[Recorded data]
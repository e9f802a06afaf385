-- ===== src/Transfer/Partial.antt =====
-- The receiver on disk, ReceiveState of internal/transfer/transfer.go: it writes to a partial file,
-- keeps count in a sidecar file, and resumes a transfer that was interrupted. Sizes and counts of bytes
-- are far below 2^63, so the sums of int64 are those of integers.
pub mod Names
pub mod Cases
pub mod Keeps
pub mod Variants
pub mod Going
pub mod Saved
pub mod Working
pub mod Saving
pub mod Resume
pub mod InMemory
pub mod Directory
mod Tests
use gmmff.Prelude.{
  ℕ, suc, ◌+◌, Bool, true, false, not, ◌||◌, List, [], ◌∷◌, ◌++◌, Option, none, some, ltb, ◌==◌,
  length, drop, if◌then◌else◌,
}
use gmmff.Prelude.Int.{ℤ, pos, pos_part, ◌+ℤ◌, ltb_ℤ, eq_ℤ}
use gmmff.Prelude.Bytes.{Bytes, bytes_eq}
use gmmff.Transfer.Names.{sanitise_name}
use gmmff.Transfer.Frames.{
  tag_file_header, tag_chunk, tag_transfer_done, tag_transfer_error, tag_cancelled, get_uint64,
}
use gmmff.Transfer.Receive.{
  FileHeader, FeedError, bad_header, chunk_before_header, chunk_too_short, too_many_bytes,
  done_before_header, integrity_failed, sender_error, err_cancelled,
}
use gmmff.Transfer.Folder.{PartialMeta, Folder, Local}
use gmmff.Transfer.Partial.Names.{partial_suffix, meta_suffix, int64_of, uint64_of, unique_path}

-- The field `f`: nil, a file that is open for writing, or one that was closed.
pub data Handle : Type 0 where
  no_file closed : Handle
  opened : Bytes → Handle

-- ReceiveState. The running hash `h` is the bytes that were written to it.
pub record Saver : Type 0 where
  pub header : Option FileHeader
  pub partial_path : Bytes
  pub meta_path : Bytes
  pub final_path : Bytes
  pub f : Handle
  pub h : Bytes
  pub received : ℤ
  pub resume_seq : ℕ

-- NewReceiveState
abbrev pub new_saver : Saver
new_saver = record {
  header = none;
  partial_path = [];
  meta_path = [];
  final_path = [];
  f = no_file;
  h = [];
  received = pos 0;
  resume_seq = 0;
}

-- The errors of the protocol, and those of the directory and the channel.
pub data SaveError : Type 0 where
  protocol : FeedError → SaveError
  create_failed meta_failed resume_failed write_failed rename_failed : SaveError

-- What Feed returns: (false, nil), (true, nil) or (false, err); `searching` is a uniquePath that has
-- not found a free name within the fuel.
pub data Progress : Type 0 where
  more saved searching : Progress
  broken : SaveError → Progress

-- What sendAck and sendResume were called with.
pub data Reply : Type 0 where
  ack resume : ℕ → Reply

pub record After (S : Type 0) : Type 0 where
  pub saver : Saver
  pub disk : S
  pub progress : Progress
  pub replies : List Reply

abbrev pub halt : {S : Type 0} → Progress → Saver → S → After S
halt p r s = record { saver = r; disk = s; progress = p; replies = [] }

-- rs.f == nil
abbrev pub is_nil : Handle → Bool
is_nil no_file = true
is_nil closed = false
is_nil (opened n) = false

-- The checks of checkPartial once the sidecar file is decoded and the partial file is measured.
abbrev pub check_size : PartialMeta → Option ℕ → ℕ × ℤ
check_size m none = (0, pos 0)
check_size m (some size) =
    if not (eq_ℤ (pos size) m.bytes_done) || eq_ℤ m.chunks_done (pos 0)
    then (0, pos 0)
    else (uint64_of m.chunks_done, m.bytes_done)

module _ (l : Local) where
  abbrev pub check_meta : Saver → FileHeader → l.folder.State → Option PartialMeta → ℕ × ℤ
  check_meta r hdr s none = (0, pos 0)
  check_meta r hdr s (some m) =
      if not (bytes_eq m.sha256 hdr.sha256) || not (eq_ℤ m.chunk_size hdr.chunk_size)
      then (0, pos 0)
      else check_size m (l.folder.stat r.partial_path s)

  -- checkPartial
  unfoldable pub check_partial : Saver → FileHeader → l.folder.State → ℕ × ℤ
  check_partial r hdr s = elim (l.folder.read r.meta_path s) [
    | none ↦ (0, pos 0)
    | some raw ↦ check_meta r hdr s (l.decode_meta raw)
  ]

  -- writeMeta
  unfoldable pub write_meta : Saver → FileHeader → ℤ → ℤ → l.folder.State → l.folder.State × Bool
  write_meta r hdr bytes chunks s =
      l.folder.write r.meta_path
        (l.encode_meta (record {
          sha256 = hdr.sha256;
          chunk_size = hdr.chunk_size;
          bytes_done = bytes;
          chunks_done = chunks;
        }))
        s

  -- The part of handleHeader from freshStart on.
  abbrev pub meta_created : Saver → l.folder.State × Bool → After l.folder.State
  meta_created r (s, false) = halt (broken meta_failed) r s
  meta_created r (s, true) =
      halt more (record r { f = opened r.partial_path; h = []; received = pos 0; resume_seq = 0 }) s

  abbrev pub file_created : Saver → FileHeader → l.folder.State × Bool → After l.folder.State
  file_created r hdr (s, false) = halt (broken create_failed) r s
  file_created r hdr (s, true) = meta_created r (write_meta r hdr (pos 0) (pos 0) s)

  unfoldable pub fresh_start : Saver → FileHeader → l.folder.State → After l.folder.State
  fresh_start r hdr s = file_created r hdr (l.folder.create r.partial_path s)

  -- The part of handleHeader that resumes, from replayHash on and from the start; `replied` is whether
  -- sendResume succeeds.
  abbrev pub reopened :
      Bool → Saver → FileHeader → ℕ → ℤ → l.folder.State → Option Bytes → After l.folder.State
  reopened replied r hdr seq bytes s none = fresh_start r hdr s
  reopened replied r hdr seq bytes s (some b) = record {
    saver = record r {
      f = if replied then opened r.partial_path else closed;
      h = b;
      received = bytes;
      resume_seq = seq;
    };
    disk = s;
    progress = if replied then more else broken resume_failed;
    replies = resume seq ∷ [];
  }

  unfoldable pub resumed : Bool → Saver → FileHeader → ℕ → ℤ → l.folder.State → After l.folder.State
  resumed replied r hdr seq bytes s =
      if l.folder.can_append r.partial_path s
      then reopened replied r hdr seq bytes s (l.folder.copy_n (pos_part bytes) r.partial_path s)
      else fresh_start r hdr s

  -- handleHeader, once the header is decoded.
  abbrev pub with_header : FileHeader → Saver → Saver
  with_header hdr r =
      let safe_name = sanitise_name l.wire.strings hdr.name in
      record r {
        header = some hdr;
        partial_path = safe_name ++ partial_suffix;
        meta_path = safe_name ++ meta_suffix;
        final_path = safe_name;
      }

  unfoldable pub handle_header :
      Bool → Saver → l.folder.State → Option FileHeader → After l.folder.State
  handle_header replied r s none = halt (broken (protocol bad_header)) r s
  handle_header replied r s (some hdr) =
      let r' = with_header hdr r in
      let found = check_partial r' hdr s in
      if ltb 0 found.0 then resumed replied r' hdr found.0 found.1 s else fresh_start r' hdr s

  -- rs.f.Write
  abbrev pub write_handle : Handle → Bytes → l.folder.State → l.folder.State × Bool
  write_handle no_file b s = (s, false)
  write_handle closed b s = (s, false)
  write_handle (opened n) b s = l.folder.append n b s

  -- The part of handleChunk after the write; the error of writeMeta is dropped.
  abbrev pub chunk_written :
      Bool → ℕ → Bytes → Saver → FileHeader → l.folder.State × Bool → After l.folder.State
  chunk_written replied seq payload r hdr (s, false) = halt (broken write_failed) r s
  chunk_written replied seq payload r hdr (s, true) =
      let received' = r.received +ℤ pos (length payload) in
      record {
        saver = record r { h = r.h ++ payload; received = received' };
        disk = (write_meta r hdr received' (int64_of (suc seq)) s).0;
        progress = if replied then more else broken (protocol err_cancelled);
        replies = ack seq ∷ [];
      }

  -- handleChunk; `replied` is whether sendAck succeeds.
  unfoldable pub handle_chunk :
      Bool → Bytes → Saver → l.folder.State → Option FileHeader → After l.folder.State
  handle_chunk replied data' r s none = halt (broken (protocol chunk_before_header)) r s
  handle_chunk replied data' r s (some hdr) =
      let payload = drop 8 data' in
      if is_nil r.f
      then halt (broken (protocol chunk_before_header)) r s
      else if ltb (length data') 8
      then halt (broken (protocol chunk_too_short)) r s
      else if ltb_ℤ hdr.size (r.received +ℤ pos (length payload))
      then halt (broken (protocol too_many_bytes)) (record r { f = no_file }) s
      else chunk_written replied (get_uint64 data') payload r hdr (write_handle r.f payload s)

  -- The end of handleDone: the result of os.Rename, and the removal of the sidecar file.
  abbrev pub after_rename : Saver → l.folder.State × Bool → After l.folder.State
  after_rename r (s, false) = halt (broken rename_failed) r s
  after_rename r (s, true) = halt saved r (l.folder.remove r.meta_path s).0

  abbrev pub free_found : Saver → l.folder.State → Option Bytes → After l.folder.State
  free_found r s none = halt searching r s
  free_found r s (some path) =
      after_rename (record r { final_path = path }) (l.folder.rename r.partial_path path s)

  unfoldable pub handle_done : ℕ → Saver → l.folder.State → Option FileHeader → After l.folder.State
  handle_done fuel r s none = halt (broken (protocol done_before_header)) r s
  handle_done fuel r s (some hdr) =
      let r' = record r { f = closed } in
      if is_nil r.f
      then halt (broken (protocol done_before_header)) r s
      else if bytes_eq (l.wire.sha256_hex r.h) hdr.sha256
      then free_found r' s (unique_path l fuel r.final_path s)
      else halt (broken (protocol integrity_failed)) r' s

  -- Feed
  unfoldable pub feed : ℕ → Bool → Bytes → Saver → l.folder.State → After l.folder.State
  feed fuel replied [] r s = halt more r s
  feed fuel replied (tag ∷ rest) r s =
      if tag == tag_file_header
      then handle_header replied r s (l.wire.decode_header rest)
      else if tag == tag_chunk
      then handle_chunk replied rest r s r.header
      else if tag == tag_transfer_done
      then handle_done fuel r s r.header
      else if tag == tag_transfer_error
      then halt (broken (protocol (sender_error (l.wire.decode_error rest)))) r s
      else if tag == tag_cancelled
      then halt (broken (protocol err_cancelled)) r s
      else halt more r s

» **INSTRUCTIONS TO FOLLOW**
The entries above hold the needed span. Transcribe exactly the lines from the one with "else if tag == tag_chunk" to the one with "then halt (broken (protocol err_cancelled))", both included.

» **ANSWER BOX**
      else if tag == tag_chunk
      then handle_chunk replied rest r s r.header
      else if tag == tag_transfer_done
      then handle_done fuel r s r.header
      else if tag == tag_transfer_error
      then halt (broken (protocol (sender_error (l.wire.decode_error rest)))) r s
      else if tag == tag_cancelled
      then halt (broken (protocol err_cancelled)) r s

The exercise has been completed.